-- Opening Marker --

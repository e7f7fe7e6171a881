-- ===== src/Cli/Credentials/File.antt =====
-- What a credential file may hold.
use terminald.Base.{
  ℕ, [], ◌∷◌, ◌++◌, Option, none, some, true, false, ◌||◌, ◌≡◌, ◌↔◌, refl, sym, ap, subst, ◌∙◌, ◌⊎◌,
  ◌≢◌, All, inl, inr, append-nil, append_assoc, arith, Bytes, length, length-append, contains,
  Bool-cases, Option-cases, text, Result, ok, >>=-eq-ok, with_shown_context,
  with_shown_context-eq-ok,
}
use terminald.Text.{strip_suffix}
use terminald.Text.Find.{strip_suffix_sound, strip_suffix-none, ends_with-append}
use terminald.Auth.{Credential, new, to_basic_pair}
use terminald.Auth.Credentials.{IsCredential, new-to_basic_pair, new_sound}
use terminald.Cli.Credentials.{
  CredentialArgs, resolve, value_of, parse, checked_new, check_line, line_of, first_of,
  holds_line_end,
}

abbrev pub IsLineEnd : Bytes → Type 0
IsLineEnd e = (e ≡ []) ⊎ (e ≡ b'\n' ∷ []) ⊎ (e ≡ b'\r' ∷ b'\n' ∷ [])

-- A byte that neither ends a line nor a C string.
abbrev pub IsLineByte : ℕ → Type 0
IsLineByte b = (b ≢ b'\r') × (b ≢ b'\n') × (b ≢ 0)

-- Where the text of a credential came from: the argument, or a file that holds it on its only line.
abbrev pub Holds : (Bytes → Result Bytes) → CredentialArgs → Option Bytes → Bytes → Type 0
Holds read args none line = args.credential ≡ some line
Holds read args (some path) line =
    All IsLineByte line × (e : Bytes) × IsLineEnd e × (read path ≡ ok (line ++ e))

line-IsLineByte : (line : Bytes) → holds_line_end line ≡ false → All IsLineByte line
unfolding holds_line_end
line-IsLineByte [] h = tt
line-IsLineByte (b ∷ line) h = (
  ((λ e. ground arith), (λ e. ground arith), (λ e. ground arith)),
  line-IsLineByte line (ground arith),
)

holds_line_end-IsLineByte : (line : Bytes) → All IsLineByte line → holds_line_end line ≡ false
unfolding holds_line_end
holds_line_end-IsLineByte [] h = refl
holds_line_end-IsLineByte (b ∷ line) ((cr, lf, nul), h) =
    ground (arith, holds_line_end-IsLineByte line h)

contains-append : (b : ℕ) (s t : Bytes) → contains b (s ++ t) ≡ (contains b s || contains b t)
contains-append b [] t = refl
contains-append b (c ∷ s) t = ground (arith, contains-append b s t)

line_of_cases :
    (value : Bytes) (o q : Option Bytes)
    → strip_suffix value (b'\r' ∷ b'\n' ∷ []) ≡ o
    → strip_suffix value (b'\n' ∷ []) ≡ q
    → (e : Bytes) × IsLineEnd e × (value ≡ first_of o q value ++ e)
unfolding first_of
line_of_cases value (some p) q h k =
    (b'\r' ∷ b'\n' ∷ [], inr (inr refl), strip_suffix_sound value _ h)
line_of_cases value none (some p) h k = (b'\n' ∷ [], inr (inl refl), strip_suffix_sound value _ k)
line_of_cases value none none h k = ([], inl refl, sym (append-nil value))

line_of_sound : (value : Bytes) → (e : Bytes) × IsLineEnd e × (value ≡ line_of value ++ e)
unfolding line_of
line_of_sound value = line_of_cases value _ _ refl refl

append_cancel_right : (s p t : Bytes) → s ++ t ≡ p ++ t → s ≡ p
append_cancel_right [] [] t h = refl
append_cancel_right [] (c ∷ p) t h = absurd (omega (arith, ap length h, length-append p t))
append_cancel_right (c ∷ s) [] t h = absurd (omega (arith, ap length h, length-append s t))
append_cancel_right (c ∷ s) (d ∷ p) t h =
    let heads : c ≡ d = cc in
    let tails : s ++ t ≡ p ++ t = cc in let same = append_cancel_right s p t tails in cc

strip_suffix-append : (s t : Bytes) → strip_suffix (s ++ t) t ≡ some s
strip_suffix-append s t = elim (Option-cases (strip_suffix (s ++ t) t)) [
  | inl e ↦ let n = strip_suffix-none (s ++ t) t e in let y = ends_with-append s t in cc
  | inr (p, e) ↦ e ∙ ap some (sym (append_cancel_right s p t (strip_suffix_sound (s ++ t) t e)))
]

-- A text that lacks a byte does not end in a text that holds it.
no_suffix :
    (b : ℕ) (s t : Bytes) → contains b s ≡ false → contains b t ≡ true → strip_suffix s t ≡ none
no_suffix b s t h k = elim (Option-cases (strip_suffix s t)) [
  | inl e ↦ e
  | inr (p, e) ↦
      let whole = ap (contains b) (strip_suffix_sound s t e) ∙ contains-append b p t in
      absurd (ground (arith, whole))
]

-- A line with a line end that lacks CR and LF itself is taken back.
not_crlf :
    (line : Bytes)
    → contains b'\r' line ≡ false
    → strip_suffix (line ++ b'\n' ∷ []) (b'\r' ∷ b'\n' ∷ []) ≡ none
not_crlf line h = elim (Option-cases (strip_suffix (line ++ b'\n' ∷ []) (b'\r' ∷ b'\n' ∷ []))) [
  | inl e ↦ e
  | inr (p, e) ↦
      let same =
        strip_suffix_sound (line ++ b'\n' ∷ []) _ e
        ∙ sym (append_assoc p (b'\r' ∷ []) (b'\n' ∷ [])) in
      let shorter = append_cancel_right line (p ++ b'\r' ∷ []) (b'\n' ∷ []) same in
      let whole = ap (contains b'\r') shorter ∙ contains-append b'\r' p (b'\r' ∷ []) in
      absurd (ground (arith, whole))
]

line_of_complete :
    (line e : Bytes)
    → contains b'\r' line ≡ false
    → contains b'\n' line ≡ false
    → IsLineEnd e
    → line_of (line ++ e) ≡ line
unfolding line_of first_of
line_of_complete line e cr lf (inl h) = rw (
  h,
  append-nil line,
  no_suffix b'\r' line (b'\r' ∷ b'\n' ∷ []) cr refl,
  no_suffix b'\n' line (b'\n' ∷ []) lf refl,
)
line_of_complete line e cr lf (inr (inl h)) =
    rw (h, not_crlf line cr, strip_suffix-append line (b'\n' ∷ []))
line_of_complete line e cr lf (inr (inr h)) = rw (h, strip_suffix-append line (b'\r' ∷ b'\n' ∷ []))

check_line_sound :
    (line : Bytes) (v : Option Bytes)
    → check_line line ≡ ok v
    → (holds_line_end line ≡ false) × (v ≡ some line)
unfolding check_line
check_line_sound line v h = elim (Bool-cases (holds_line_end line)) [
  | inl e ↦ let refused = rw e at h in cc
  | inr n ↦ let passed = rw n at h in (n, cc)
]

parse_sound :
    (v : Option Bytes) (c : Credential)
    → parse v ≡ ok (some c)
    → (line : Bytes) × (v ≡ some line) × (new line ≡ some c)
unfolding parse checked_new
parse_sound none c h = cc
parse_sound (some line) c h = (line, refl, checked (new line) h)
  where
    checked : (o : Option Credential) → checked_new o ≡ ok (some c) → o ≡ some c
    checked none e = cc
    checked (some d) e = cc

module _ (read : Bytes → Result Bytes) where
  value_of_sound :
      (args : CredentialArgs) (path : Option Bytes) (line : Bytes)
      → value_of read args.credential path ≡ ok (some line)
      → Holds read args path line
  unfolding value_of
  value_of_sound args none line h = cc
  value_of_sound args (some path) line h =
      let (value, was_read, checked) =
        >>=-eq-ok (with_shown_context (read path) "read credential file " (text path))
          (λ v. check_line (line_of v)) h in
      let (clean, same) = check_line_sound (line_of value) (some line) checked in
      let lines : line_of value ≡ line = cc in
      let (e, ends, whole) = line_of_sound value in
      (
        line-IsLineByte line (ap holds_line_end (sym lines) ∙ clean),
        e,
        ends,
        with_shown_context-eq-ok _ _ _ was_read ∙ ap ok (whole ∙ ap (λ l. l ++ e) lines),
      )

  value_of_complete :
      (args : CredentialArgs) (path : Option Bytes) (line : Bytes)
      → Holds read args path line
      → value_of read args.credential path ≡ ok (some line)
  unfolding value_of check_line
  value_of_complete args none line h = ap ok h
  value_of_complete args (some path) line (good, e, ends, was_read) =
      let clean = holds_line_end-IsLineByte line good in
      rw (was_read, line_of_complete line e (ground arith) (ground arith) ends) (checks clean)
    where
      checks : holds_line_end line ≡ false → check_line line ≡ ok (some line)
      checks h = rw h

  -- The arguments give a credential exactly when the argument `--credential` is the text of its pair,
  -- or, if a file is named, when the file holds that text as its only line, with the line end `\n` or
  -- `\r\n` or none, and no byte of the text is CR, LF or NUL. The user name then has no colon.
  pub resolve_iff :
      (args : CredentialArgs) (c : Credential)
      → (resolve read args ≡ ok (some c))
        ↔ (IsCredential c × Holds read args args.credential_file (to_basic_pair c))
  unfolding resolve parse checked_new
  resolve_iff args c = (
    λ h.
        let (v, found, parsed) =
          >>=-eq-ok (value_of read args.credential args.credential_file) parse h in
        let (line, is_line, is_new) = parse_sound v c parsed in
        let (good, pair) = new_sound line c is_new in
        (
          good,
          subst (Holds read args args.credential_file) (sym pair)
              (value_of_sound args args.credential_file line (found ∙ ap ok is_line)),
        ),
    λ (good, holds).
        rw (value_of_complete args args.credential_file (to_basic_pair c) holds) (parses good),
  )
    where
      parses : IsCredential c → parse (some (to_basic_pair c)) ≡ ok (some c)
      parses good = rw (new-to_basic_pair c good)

-- Closing Marker --

◆ Directions ◆
Every line containing the string "found" should be pulled from the listing and copied.

◆ Answer section ◆
        let (v, found, parsed) =
              (value_of_sound args args.credential_file line (found ∙ ap ok is_line)),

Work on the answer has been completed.